Congruences between automorphic forms

自同构形式之间的同余

• 批准号: EP/G050511/1
• 负责人: Shu Sasaki
• 金额: $ 29.17万
• 依托单位: King's College London
• 依托单位国家: 英国
• 项目类别: Fellowship
• 财政年份: 2009
• 资助国家: 英国
• 起止时间: 2009 至 无数据
• 项目状态: 已结题
• 来源: https://gtr.ukri.org/projects?ref=EP%2FG050511%2F1
• 关键词: Congruences; between; automorphic; forms

I propose to prove new cases of the strong Artin conjecture for totally odd two dimensional representations of the Galois group of a totally real field.

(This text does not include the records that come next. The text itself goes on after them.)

-- ===== src/MoveInto.antt =====
-- The "move-into" command: execute of move/into.go. The renaming without replacement and the generator's
-- surroundings are parameters; logging is left out.
pub mod Moved
mod Tests
use baamhackl.Base.{
  ℕ, Bool, true, false, Option, none, some, List, [], ◌∷◌, inl, inr, if◌then◌else◌,
}
use baamhackl.FilePaths.{FilePath, same_name, join, base}
use baamhackl.Waryio.{IoError, rename_to_available_name}
use baamhackl.UniqueName.{Runtime}
use baamhackl.UniqueName.Create
use baamhackl.UniqueName.Create.{Options, default_options, Clock}
use baamhackl.Journal.{next_path}

-- errRenameNotSupported, a destination without a name, the errors of the renaming, and the end of the
-- fuel for its loop.
pub data MoveError : Type 0 where
  rename_not_supported : MoveError
  no_name : MoveError
  not_moved : IoError → MoveError
  out_of_names : MoveError

abbrev pub move_options : Options
move_options = record default_options { time_prefix_enabled = false }

-- The name in the target directory that is tried first.
unfoldable pub preferred : FilePath → FilePath → FilePath
preferred rename oldpath = if same_name rename [] then base oldpath else rename

module _ {W : Type 0} (rename_without_replace : W → FilePath → FilePath → W × Option IoError)
    (clock : W → Clock) (runtime : ℕ → Runtime) (fuel : ℕ) where
  -- One file, to a name in the target directory.
  unfoldable pub move_file : FilePath → FilePath → FilePath → W → W × Option MoveError
  move_file target_dir name oldpath w =
      elim (Create.create (clock w) (join (target_dir ∷ name ∷ [])) move_options) [
        | none ↦ (w, some no_name)
        | some g ↦
            elim (rename_to_available_name rename_without_replace oldpath (next_path runtime) fuel w
              (g, 0)) [
                | none ↦ (w, some out_of_names)
                | some (w', moved) ↦
                    (w', elim moved [ inl e ↦ some (not_moved e) | inr actual ↦ none ])
              ]
      ]

  -- The loop of execute, up to the first error; `several` tells whether there is more than one source.
  unfoldable pub move_files : Bool → FilePath → FilePath → List FilePath → W → W × Option MoveError
  move_files several rename target_dir [] w = (w, none)
  move_files several rename target_dir (oldpath ∷ rest) w =
      let (w', err) = move_file target_dir (preferred rename oldpath) oldpath w in
      let more = move_files several rename target_dir rest w' in
      let moved : W × Option MoveError = elim err [ some e ↦ (w', some e) | none ↦ more ] in
      if same_name rename []
      then moved
      else if several
      then (w, some rename_not_supported)
      else moved

  -- execute
  unfoldable pub execute : FilePath → FilePath → List FilePath → W → W × Option MoveError
  execute rename target_dir [] w = (w, none)
  execute rename target_dir (oldpath ∷ []) w = move_files false rename target_dir (oldpath ∷ []) w
  execute rename target_dir (oldpath ∷ next ∷ rest) w =
      move_files true rename target_dir (oldpath ∷ next ∷ rest) w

More precisely, I propose to establish ``analytic continuation of overconvergent Hilbert modular eigenforms'' in the inert Hilbert case and generalise the main theorem of Buzzard-Taylor to the Hilbert case. Mimicking the approach of Taylor's ``Artin II'' paper, one should get modularity of certain mod p Galois representations subject to some local conditions, and many cases of Artin's conjecture should then become accessible. Secondly, I propose to show that there is another example of the correspondence predicted by Langlands between n-dimensional representations of the absolute Galois group of the rationals Q and (cuspidal) automorphic representations of GL(n) over Q. Following the geometric argument of Kisin-Lai for Hilbert modular forms, it should be possible to construct p-adic analytic families of automorphic Galois representations and associaten-dimensional Galois representations by ``specialisation'' to non-regular algebraic automorphic representations of GL(n) over Q (whose Hodge-Tate weights ``at infinity'' are not necessarily distinct). It may also be possible toprove that non-regular automorphic representations for GL(n) appear on the Chenevier's eigenvariety and associate Galois representations by specialising families of Galois representations Chenevier constructed. Another approach to look at congruences between automorphic forms of ``regular weight'' and ``non-regular weight'', analogous to Deligne-Serre, will also be considered.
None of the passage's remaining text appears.